C’est un tremblement de terre. Le cycle est cassé : d’un seul coup, il se voit par en-dessus, encore jeune et en bonne santé, à flotter mollement dans un piscine médicale. Le boulanger saute hors de l’eau. S’habille en vitesse. Fait son paquet et s’enfuit de la cure.
En un mois, il est guéri. Et depuis ce jour là, quand il sent pointer la rechute, ce qui le sauve, c’est l’image de cet homme dévoré par les flammes. La vie foutue d’un autre. Son salut.
Il retourne dans sa boulangerie, les compteurs au maximum. Prêt à en découdre à nouveau. Mais en dix ans, l’invraisemblable inflation normative a fait son œuvre. Il apprend que plus rien ne va : ses farines, ses fournisseurs, son équipement, ses techniques. Tout a changé. « Voilà ce qu’est la vie. »

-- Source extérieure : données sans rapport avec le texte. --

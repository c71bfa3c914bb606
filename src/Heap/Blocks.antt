-- ===== src/Heap/Blocks.antt =====
-- The bytes that the lists of src/libc/malloc.c hold.
use fat.Prelude.{
  ℕ, ◌+◌, ◌≤◌, ◌≡◌, Option, none, some, List, [], ◌∷◌, ◌++◌, ◌==◌, ltb, leb, if◌then◌else◌, arith,
  refl, Bool-cases, inl, inr, ==_iff,
}
use fat.Heap.{Node, merge, first_fit, find_busy}

-- 1 for a byte of the block of `size` bytes at `ptr`, 0 for any other.
abbrev pub inside : ℕ → ℕ → ℕ → ℕ
inside ptr size x = if leb ptr x then (if ltb x (ptr + size) then 1 else 0) else 0

-- How many of the blocks hold the byte `x`.
abbrev pub holders : ℕ → List Node → ℕ
holders x [] = 0
holders x (node ∷ l) = inside node.ptr node.size x + holders x l

pub holders-append :
    (x : ℕ) (l : List Node) (node : Node)
    → holders x (l ++ node ∷ []) ≡ holders x l + inside node.ptr node.size x
holders-append x [] node = omega arith
holders-append x (n ∷ l) node = omega (arith, holders-append x l node)

inside-join : (p q s t x : ℕ) → p + s ≡ q → inside p (t + s) x ≡ inside q t x + inside p s x
inside-join p q s t x e = ground arith

inside-split : (p q s t x : ℕ) → p + s ≡ q → inside p (s + t) x ≡ inside p s x + inside q t x
inside-split p q s t x e = ground arith

-- `merge_free` neither loses nor doubles a byte, whatever the free blocks are.
pub merge-holders :
    (x : ℕ) (node : Node) (l : List Node)
    → holders x (merge node l).0 ≡ inside node.ptr node.size x + holders x l
unfolding merge
merge-holders x node [] = refl
merge-holders x node (entry ∷ l) = elim (Bool-cases (entry.ptr + entry.size == node.ptr)) [
  | inl e ↦ rw e (
      omega (
        arith,
        merge-holders x (record { ptr = entry.ptr; size = node.size + entry.size }) l,
        inside-join entry.ptr node.ptr entry.size node.size x ((==_iff _ _).0 e),
      ))
  | inr f ↦ rw f (elim (Bool-cases (node.ptr + node.size == entry.ptr)) [
    | inl e ↦ rw e (
        omega (
          arith,
          merge-holders x (record node { size = node.size + entry.size }) l,
          inside-split node.ptr entry.ptr node.size entry.size x ((==_iff _ _).0 e),
        ))
    | inr g ↦ rw g (elim (Bool-cases (ltb node.ptr entry.ptr)) [
      | inl e ↦ rw e refl
      | inr h ↦ rw h (omega (arith, merge-holders x node l))
    ])
  ])
]

-- Of the blocks `l` one that `good` holds of was taken out.
abbrev pub Takes : (Node → Type 0) → List Node → Option (Node × List Node) → Type 0
Takes good l none = Unit {0}
Takes good l (some (node, rest)) =
    good node × ((x : ℕ) → holders x l ≡ inside node.ptr node.size x + holders x rest)

Takes-later :
    (good : Node → Type 0) (pos : Node) (l : List Node) (o : Option (Node × List Node))
    → Takes good l o
    → Takes good (pos ∷ l) (elim o [ none ↦ none | some (node, rest) ↦ some (node, pos ∷ rest) ])
Takes-later good pos l none t = tt
Takes-later good pos l (some (node, rest)) (g, t) = (g, λ x. omega (arith, t x))

pub first_fit-Takes : (size : ℕ) (l : List Node) → Takes (λ n. size ≤ n.size) l (first_fit size l)
unfolding first_fit
first_fit-Takes size [] = tt
first_fit-Takes size (pos ∷ l) = elim (Bool-cases (leb size pos.size)) [
  | inl t ↦ rw t (ground (arith, t), λ x. refl)
  | inr f ↦ rw f (Takes-later _ pos l _ (first_fit-Takes size l))
]

find_busy-Takes : (ptr : ℕ) (l : List Node) → Takes (λ n. n.ptr ≡ ptr) l (find_busy ptr l)
unfolding find_busy
find_busy-Takes ptr [] = tt
find_busy-Takes ptr (pos ∷ l) = elim (Bool-cases (pos.ptr == ptr)) [
  | inl t ↦ rw t ((==_iff _ _).0 t, λ x. refl)
  | inr f ↦ rw f (Takes-later _ pos l _ (find_busy-Takes ptr l))
]
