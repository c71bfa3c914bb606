-- ===== src/Heap/Grow.antt =====
-- `sbrk` and `alloc_node` of src/libc/malloc.c: how far they move the break.
use fat.Prelude.{
  ℕ, ◌+◌, ◌*◌, ◌^◌, ◌<◌, ◌≤◌, ◌≡◌, ◌≢◌, Bool, Option, none, some, ◌==◌, arith, refl, Bool-cases,
  inl, inr,
}
use fat.Heap.{Heap, sbrk, alloc_node, node_inc_size, node_size}

-- Only the break moved, up by at most `n`.
pub record Grew (n : ℕ) (h h' : Heap) : Type 0 where
  pub m_free : h'.m_free ≡ h.m_free
  pub m_busy : h'.m_busy ≡ h.m_busy
  pub up : h._brk ≤ h'._brk
  pub by : h'._brk ≤ h._brk + n

-- What a call of `sbrk` or `alloc_node` may have done.
abbrev MayGrow : ℕ → Heap → Option Heap → Type 0
MayGrow n h none = Unit {0}
MayGrow n h (some h') = Grew n h h'

module _ (granted : ℕ → Bool) where
  pub sbrk-Grew :
      (size : ℕ) (h : Heap) → h._brk + size < 2 ^ 64 → Grew size h (sbrk granted size h).1
  unfolding sbrk
  sbrk-Grew size h l = record {
    m_free = ground arith;
    m_busy = ground arith;
    up = ground arith;
    by = ground arith;
  }

  pub sbrk-fresh :
      (size : ℕ) (h : Heap)
      → h._brk + size < 2 ^ 64
      → (sbrk granted size h).0 ≢ 0
      → ((sbrk granted size h).0 ≡ h._brk) × ((sbrk granted size h).1._brk ≡ h._brk + size)
  unfolding sbrk
  sbrk-fresh size h l n = ground (arith, l, n)

  pub alloc_node-MayGrow :
      (h : Heap) → h._brk + 0x8000 < 2 ^ 64 → MayGrow 0x8000 h (alloc_node granted h)
  unfolding alloc_node
  alloc_node-MayGrow h l = elim (Bool-cases (h.m_free_node == 0)) [
    | inl t ↦
        let r = sbrk granted (node_inc_size * node_size) h in
        let g = sbrk-Grew (node_inc_size * node_size) h l in
        rw t (elim (Bool-cases (r.0 == 0)) [
          | inl t ↦ rw t tt
          | inr f ↦ rw f (record { m_free = g.m_free; m_busy = g.m_busy; up = g.up; by = g.by })
        ])
    | inr f ↦ rw f (record { m_free = refl; m_busy = refl; up = omega arith; by = omega arith })
  ]
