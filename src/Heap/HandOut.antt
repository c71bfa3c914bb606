-- ===== src/Heap/HandOut.antt =====
-- `hand_out` of src/libc/malloc.c: the block it is given, and the end of it that stays free.
use fat.Prelude.{
  ℕ, ◌+◌, ◌-◌, ◌^◌, ◌<◌, ◌≤◌, ◌≡◌, ◌≢◌, Bool, false, [], ◌∷◌, ◌++◌, ltb, arith, refl, ap, sym, ◌∙◌,
  Bool-cases, Option-cases, inl, inr,
}
use fat.Heap.{Node, Heap, alloc_node, merge_free, hand_out}
use fat.Heap.Blocks.{inside, holders, holders-append, merge-holders}
use fat.Heap.Grow.{Grew, alloc_node-MayGrow}

-- No byte is in two blocks, and none at or above the break is in any.
pub record IsHeap (h : Heap) : Type 0 where
  pub apart : (x : ℕ) → holders x h.m_free + holders x h.m_busy ≤ 1
  pub below : (x : ℕ) → h._brk ≤ x → holders x h.m_free + holders x h.m_busy ≡ 0

-- The bytes of `node` were free or above the break of `h`; `h1` no longer has them as free.
pub record Spare (node : Node) (h h1 : Heap) : Type 0 where
  pub same_busy : h1.m_busy ≡ h.m_busy
  pub up : h._brk ≤ h1._brk
  pub ends : (x : ℕ) → h1._brk ≤ x → inside node.ptr node.size x + holders x h1.m_free ≡ 0
  pub once : (x : ℕ) → holders x h1.m_free + holders x h1.m_busy + inside node.ptr node.size x ≤ 1
  pub old :
      (x : ℕ) → x < h._brk → inside node.ptr node.size x + holders x h1.m_free ≡ holders x h.m_free

-- `malloc` handed out the block of `size` bytes at `p`.
pub record Allocated (size p : ℕ) (h h' : Heap) : Type 0 where
  pub sound : IsHeap h'
  pub now_busy : h'.m_busy ≡ h.m_busy ++ record { ptr = p; size = size } ∷ []
  pub was_free : (x : ℕ) → x < h._brk → holders x h'.m_free + inside p size x ≡ holders x h.m_free

inside-part : (p s n x : ℕ) → n ≤ s → inside p s x ≡ inside p n x + inside (p + n) (s - n) x
inside-part p s n x l = ground arith

module _ (granted : ℕ → Bool) (size : ℕ) (node : Node) (h h1 : Heap)
    (room : h1._brk + 0x8000 < 2 ^ 64) (fits : size ≤ node.size) (i : IsHeap h)
    (s : Spare node h h1) where
  finish :
      (h' : Heap)
      → ((x : ℕ)
          → holders x h'.m_free + inside node.ptr size x
            ≡ holders x h1.m_free + inside node.ptr node.size x)
      → h'.m_busy ≡ h1.m_busy ++ record { ptr = node.ptr; size = size } ∷ []
      → h1._brk ≤ h'._brk
      → Allocated size node.ptr h h'
  finish h' f e u =
      let b : (x : ℕ) → holders x h'.m_busy ≡ holders x h1.m_busy + inside node.ptr size x =
        λ x. ap (holders x) e ∙ holders-append x h1.m_busy _ in
      let same : (x : ℕ) → holders x h1.m_busy ≡ holders x h.m_busy =
        λ x. ap (holders x) s.same_busy in
      record {
        sound = record {
          apart = λ x. omega (arith, f x, b x, s.once x);
          below = λ x l. omega (
            arith,
            f x,
            b x,
            same x,
            s.ends x (omega (arith, u, l)),
            i.below x (omega (arith, s.up, u, l)),
          );
        };
        now_busy = e ∙ ap (λ l. l ++ record { ptr = node.ptr; size = size } ∷ []) s.same_busy;
        was_free = λ x l. omega (arith, f x, s.old x l);
      }

  -- The end of the block that is not needed.
  abbrev reminder : Node
  reminder = record { ptr = node.ptr + size; size = node.size - size }

  split-Allocated :
      (h2 : Heap)
      → Grew 0x8000 h1 h2
      → Allocated size node.ptr h (record (merge_free reminder h2) {
        m_busy = (merge_free reminder h2).m_busy ++ record node { size = size } ∷ [];
      })
  unfolding merge_free
  split-Allocated h2 g =
      finish _
        (λ x. omega (
          arith,
          merge-holders x reminder h2.m_free,
          ap (holders x) g.m_free,
          inside-part node.ptr node.size size x fits,
        ))
        (ap (λ l. l ++ record { ptr = node.ptr; size = size } ∷ []) g.m_busy) g.up

  whole-Allocated :
      ltb size node.size ≡ false
      → Allocated size node.ptr h (record h1 { m_busy = h1.m_busy ++ node ∷ [] })
  whole-Allocated f =
      let e : node.size ≡ size = ground (arith, f, fits) in
      finish _ (λ x. ap (λ n. holders x h1.m_free + inside node.ptr n x) (sym e))
        (ap (λ n. h1.m_busy ++ record { ptr = node.ptr; size = n } ∷ []) e) (omega arith)

  pub hand_out-Allocated :
      (hand_out granted size node h1).0 ≢ 0
      → Allocated size node.ptr h (hand_out granted size node h1).1
        × ((hand_out granted size node h1).0 ≡ node.ptr)
  unfolding hand_out
  hand_out-Allocated n = elim (Bool-cases (ltb size node.size)) [
    | inr f ↦ rw (hand_out, f) (whole-Allocated f, refl)
    | inl t ↦ elim (Option-cases (alloc_node granted h1)) [
      | inl e ↦ absurd (n (rw (hand_out, t) (rw e refl)))
      | inr (h2, e) ↦
          rw (hand_out, t)
            (rw e (split-Allocated h2 (rw e at (alloc_node-MayGrow granted h1 room)), refl))
    ]
  ]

Il ne se démonte pas. Casse la tirelire. Vend. Emprunte. Investit. S’équipe de neuf... Pour s’apercevoir dès les premières heures de la reprise que son corps n’accepte plus la farine.
On travaille en ville, maintenant. En ville
Il se couvre d’eczéma. Des pieds à la tête. Des plaques rouges et purulentes. Il fait des analyses, et les médecins déclenchent une guillotine : c’est une allergie sans appel. Le métier qui te refuse, boulanger. Tout s’effondre. Tout s’abat.
Il n’a pas d’autre choix que tout abandonner. Il a cinquante ans. Il ne sait rien faire d’autre. Toutes les économies de son existence, il les a diluées dans la fabrication du pain des autres. « Et voilà ce qu’est la vie. »
Il aurait pu retourner dans son cycle de peur. Mais l’homme brûlé est là, qui veille. Quelques jours à peine après le verdict des médecins, il se résout à vendre. On est en 2009 : la crise est passée par là et son fond ne vaut plus un quignon.
Bien sûr, il vient de tout refaire à neuf, mais personne ne veut d’une boulangerie. On travaille en ville, maintenant. En ville. C’est pas nouveau, mais ça a empiré. Plus personne ne veut d’un commerce dans son coin de vallée, où les pierres de taille remplacent les tuiles.
Il redit : « Voilà ce qu’est la vie. » Son commerce, il a fini par le vendre à un Hollandais de passage. Deux fois moins cher que ce qu’il l’avait acheté trente ans plus tôt. Il a bien tenté de remonter des affaires par la suite, mais quel banquier prêterait de l’argent à un semi-vieillard capable de perdre autant ?
Pas de chômage. Pas de revenus. Il refuse le RSA. Sa femme, heureusement, a trouvé un boulot de caissière dans un Vival à coté. Naïvement, je lui demande de quoi il vit. Il éclate de rire :
« Qu’est-ce que tu crois que je fous ici ? »Il fait du bois. Il roule de la paille. Il cure des étables. Il rend des services. Tout ça au black, bien sûr. Voilà de quoi il vit. « Voilà ce qu’est la vie. »
Je sens à ses yeux secs qu’il pense au gars qui brûle.